● REQUIRED WORK
The stretch wanted below opens at the line containing "pub val_end : ℕ" and closes at the line containing "-- One round: the variables behind it.". Please return it exactly, with no other lines.

● EXCERPTED DATA
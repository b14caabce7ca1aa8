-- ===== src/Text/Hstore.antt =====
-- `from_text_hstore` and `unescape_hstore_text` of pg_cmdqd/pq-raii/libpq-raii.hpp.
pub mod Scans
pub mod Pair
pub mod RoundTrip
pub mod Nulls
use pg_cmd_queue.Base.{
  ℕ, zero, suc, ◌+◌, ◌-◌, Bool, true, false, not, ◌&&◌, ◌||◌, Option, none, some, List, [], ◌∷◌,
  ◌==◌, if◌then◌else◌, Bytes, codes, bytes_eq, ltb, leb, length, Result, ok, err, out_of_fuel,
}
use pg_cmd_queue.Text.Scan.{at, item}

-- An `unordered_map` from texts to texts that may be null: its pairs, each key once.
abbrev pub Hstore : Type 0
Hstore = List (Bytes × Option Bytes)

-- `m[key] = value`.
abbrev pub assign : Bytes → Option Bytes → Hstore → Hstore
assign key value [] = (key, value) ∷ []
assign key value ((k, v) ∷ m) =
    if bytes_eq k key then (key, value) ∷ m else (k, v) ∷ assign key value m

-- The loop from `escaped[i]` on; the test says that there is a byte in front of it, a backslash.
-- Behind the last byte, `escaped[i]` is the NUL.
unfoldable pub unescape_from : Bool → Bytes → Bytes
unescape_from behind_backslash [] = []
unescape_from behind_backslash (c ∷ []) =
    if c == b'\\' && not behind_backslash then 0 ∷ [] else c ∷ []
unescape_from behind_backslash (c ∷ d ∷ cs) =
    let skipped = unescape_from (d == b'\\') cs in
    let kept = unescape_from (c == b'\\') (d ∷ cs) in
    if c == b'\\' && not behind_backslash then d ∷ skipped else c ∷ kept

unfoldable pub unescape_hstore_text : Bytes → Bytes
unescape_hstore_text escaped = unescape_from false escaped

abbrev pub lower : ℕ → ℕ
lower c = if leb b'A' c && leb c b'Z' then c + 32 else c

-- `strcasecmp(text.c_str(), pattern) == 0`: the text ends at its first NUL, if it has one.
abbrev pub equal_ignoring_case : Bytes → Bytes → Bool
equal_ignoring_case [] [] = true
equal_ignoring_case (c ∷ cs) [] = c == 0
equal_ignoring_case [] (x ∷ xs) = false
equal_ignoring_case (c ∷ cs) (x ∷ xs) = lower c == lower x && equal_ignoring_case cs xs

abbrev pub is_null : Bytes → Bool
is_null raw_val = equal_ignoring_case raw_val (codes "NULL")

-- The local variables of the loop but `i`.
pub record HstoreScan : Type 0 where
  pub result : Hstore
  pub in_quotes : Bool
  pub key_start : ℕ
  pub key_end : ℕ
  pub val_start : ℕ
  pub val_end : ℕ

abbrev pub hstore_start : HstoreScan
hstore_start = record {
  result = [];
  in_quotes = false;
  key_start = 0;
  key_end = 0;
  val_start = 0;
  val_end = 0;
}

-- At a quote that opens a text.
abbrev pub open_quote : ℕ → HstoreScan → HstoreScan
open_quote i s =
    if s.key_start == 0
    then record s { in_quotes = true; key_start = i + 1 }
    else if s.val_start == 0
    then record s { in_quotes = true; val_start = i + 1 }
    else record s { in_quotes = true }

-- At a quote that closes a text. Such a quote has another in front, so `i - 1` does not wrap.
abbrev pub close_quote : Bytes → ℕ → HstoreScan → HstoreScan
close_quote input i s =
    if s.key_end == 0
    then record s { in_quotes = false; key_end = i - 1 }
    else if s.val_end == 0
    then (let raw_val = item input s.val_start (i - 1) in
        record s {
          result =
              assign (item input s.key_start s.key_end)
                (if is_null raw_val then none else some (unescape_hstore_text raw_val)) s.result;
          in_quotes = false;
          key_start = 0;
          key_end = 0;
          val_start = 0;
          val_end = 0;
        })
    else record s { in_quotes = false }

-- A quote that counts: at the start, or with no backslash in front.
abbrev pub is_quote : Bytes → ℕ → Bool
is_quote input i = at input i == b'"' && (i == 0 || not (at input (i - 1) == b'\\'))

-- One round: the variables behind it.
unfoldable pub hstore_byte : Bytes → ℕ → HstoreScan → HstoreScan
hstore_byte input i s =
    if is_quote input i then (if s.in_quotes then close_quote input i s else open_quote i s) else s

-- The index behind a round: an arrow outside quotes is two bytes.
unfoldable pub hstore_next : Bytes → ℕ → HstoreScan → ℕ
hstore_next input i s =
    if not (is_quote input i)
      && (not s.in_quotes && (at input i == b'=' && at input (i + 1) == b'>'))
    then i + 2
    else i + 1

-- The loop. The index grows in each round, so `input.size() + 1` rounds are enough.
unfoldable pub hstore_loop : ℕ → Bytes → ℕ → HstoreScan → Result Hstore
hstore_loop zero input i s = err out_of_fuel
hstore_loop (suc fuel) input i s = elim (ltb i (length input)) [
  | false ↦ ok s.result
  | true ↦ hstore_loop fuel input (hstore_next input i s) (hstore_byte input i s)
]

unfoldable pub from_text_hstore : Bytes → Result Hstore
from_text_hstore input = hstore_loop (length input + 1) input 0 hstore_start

--

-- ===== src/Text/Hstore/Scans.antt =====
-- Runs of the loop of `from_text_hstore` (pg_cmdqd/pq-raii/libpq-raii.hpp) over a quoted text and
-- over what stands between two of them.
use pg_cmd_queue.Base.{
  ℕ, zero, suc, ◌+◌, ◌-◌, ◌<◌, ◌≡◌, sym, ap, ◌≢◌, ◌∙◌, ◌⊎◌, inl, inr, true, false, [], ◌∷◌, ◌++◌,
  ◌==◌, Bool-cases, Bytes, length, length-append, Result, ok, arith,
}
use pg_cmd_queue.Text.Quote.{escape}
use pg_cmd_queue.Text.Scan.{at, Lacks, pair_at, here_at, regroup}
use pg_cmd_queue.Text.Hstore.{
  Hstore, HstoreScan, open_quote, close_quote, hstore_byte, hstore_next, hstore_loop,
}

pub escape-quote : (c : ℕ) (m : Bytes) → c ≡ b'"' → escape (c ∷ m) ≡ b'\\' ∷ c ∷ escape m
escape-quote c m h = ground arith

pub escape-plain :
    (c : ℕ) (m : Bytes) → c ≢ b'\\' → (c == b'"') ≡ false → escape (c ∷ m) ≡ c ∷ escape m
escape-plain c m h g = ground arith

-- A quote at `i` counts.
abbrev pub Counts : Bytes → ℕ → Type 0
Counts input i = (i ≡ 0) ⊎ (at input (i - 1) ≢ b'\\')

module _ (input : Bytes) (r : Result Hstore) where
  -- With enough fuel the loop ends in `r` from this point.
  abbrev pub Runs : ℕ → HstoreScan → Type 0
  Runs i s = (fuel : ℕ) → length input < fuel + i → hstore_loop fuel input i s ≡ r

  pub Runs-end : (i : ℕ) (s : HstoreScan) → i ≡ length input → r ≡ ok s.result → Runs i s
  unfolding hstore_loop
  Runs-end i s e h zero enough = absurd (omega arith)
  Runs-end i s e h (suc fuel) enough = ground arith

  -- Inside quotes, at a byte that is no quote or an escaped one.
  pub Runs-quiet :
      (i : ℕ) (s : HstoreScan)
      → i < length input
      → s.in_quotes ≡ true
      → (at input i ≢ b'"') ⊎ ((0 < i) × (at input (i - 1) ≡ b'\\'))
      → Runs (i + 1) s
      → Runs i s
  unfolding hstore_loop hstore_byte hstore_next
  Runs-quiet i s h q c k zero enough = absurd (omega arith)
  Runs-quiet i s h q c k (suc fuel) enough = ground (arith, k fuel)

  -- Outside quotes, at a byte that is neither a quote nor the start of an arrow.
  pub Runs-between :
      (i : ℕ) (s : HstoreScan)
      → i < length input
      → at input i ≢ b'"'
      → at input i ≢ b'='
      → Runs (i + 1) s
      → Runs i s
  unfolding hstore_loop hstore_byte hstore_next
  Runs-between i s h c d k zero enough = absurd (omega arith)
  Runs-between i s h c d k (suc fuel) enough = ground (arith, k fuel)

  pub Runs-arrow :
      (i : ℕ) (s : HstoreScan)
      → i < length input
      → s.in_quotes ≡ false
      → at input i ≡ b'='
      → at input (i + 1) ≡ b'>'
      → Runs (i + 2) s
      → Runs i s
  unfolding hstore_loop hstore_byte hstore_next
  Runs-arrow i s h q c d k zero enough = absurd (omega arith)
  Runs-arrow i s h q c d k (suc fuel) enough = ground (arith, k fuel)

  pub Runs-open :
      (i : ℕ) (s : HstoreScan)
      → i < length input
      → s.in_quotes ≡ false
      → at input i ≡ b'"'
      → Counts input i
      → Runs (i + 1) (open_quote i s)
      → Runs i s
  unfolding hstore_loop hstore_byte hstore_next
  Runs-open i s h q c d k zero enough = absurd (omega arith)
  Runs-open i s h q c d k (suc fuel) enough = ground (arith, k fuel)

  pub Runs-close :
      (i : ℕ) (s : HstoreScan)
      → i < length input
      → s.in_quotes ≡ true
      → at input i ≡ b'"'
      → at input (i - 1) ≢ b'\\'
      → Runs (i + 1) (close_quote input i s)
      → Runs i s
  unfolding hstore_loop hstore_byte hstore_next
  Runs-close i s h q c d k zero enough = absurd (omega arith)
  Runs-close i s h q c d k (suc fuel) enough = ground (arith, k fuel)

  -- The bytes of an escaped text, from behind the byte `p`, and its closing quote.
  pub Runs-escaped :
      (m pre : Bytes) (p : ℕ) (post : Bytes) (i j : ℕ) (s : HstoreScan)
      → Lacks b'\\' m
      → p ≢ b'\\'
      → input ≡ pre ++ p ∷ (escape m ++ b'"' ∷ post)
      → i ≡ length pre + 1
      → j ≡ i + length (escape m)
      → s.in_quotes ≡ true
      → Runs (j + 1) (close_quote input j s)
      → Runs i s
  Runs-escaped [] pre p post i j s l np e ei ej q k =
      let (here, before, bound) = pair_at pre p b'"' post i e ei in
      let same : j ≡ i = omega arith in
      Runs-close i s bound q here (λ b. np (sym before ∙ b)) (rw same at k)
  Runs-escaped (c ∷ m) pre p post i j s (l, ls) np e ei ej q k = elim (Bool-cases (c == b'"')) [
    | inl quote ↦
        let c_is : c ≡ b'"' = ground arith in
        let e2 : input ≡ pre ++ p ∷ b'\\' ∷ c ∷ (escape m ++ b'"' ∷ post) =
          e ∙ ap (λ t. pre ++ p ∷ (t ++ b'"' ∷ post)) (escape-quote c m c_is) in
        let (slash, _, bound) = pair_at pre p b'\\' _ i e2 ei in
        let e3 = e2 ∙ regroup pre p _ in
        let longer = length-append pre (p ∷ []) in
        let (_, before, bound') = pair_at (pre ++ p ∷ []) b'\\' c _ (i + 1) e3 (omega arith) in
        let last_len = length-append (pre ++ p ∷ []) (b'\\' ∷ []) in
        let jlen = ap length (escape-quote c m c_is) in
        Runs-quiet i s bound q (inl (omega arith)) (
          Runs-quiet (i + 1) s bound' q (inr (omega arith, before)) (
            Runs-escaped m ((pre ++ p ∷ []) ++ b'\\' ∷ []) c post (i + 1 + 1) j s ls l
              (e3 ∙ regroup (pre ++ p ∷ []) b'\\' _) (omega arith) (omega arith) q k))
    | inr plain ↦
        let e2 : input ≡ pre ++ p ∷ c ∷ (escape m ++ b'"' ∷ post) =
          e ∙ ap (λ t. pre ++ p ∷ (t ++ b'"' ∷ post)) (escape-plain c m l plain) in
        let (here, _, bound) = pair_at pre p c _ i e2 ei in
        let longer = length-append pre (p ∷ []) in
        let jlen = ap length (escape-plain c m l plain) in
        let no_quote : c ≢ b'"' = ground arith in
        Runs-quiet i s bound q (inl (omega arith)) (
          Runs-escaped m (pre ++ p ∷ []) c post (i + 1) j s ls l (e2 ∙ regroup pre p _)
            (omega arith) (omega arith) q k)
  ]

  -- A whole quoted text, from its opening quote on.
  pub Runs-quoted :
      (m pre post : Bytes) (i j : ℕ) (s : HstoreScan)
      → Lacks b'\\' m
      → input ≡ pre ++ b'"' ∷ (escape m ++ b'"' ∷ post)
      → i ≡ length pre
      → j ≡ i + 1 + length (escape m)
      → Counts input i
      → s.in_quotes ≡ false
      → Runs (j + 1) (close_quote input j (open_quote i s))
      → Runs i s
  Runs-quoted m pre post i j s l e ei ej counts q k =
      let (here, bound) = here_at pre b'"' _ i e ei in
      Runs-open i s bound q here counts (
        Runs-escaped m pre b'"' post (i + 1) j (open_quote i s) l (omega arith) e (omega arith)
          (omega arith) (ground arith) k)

● FINISHED TASK
  pub val_end : ℕ

abbrev pub hstore_start : HstoreScan
hstore_start = record {
  result = [];
  in_quotes = false;
  key_start = 0;
  key_end = 0;
  val_start = 0;
  val_end = 0;
}

-- At a quote that opens a text.
abbrev pub open_quote : ℕ → HstoreScan → HstoreScan
open_quote i s =
    if s.key_start == 0
    then record s { in_quotes = true; key_start = i + 1 }
    else if s.val_start == 0
    then record s { in_quotes = true; val_start = i + 1 }
    else record s { in_quotes = true }

-- At a quote that closes a text. Such a quote has another in front, so `i - 1` does not wrap.
abbrev pub close_quote : Bytes → ℕ → HstoreScan → HstoreScan
close_quote input i s =
    if s.key_end == 0
    then record s { in_quotes = false; key_end = i - 1 }
    else if s.val_end == 0
    then (let raw_val = item input s.val_start (i - 1) in
        record s {
          result =
              assign (item input s.key_start s.key_end)
                (if is_null raw_val then none else some (unescape_hstore_text raw_val)) s.result;
          in_quotes = false;
          key_start = 0;
          key_end = 0;
          val_start = 0;
          val_end = 0;
        })
    else record s { in_quotes = false }

-- A quote that counts: at the start, or with no backslash in front.
abbrev pub is_quote : Bytes → ℕ → Bool
is_quote input i = at input i == b'"' && (i == 0 || not (at input (i - 1) == b'\\'))

-- One round: the variables behind it.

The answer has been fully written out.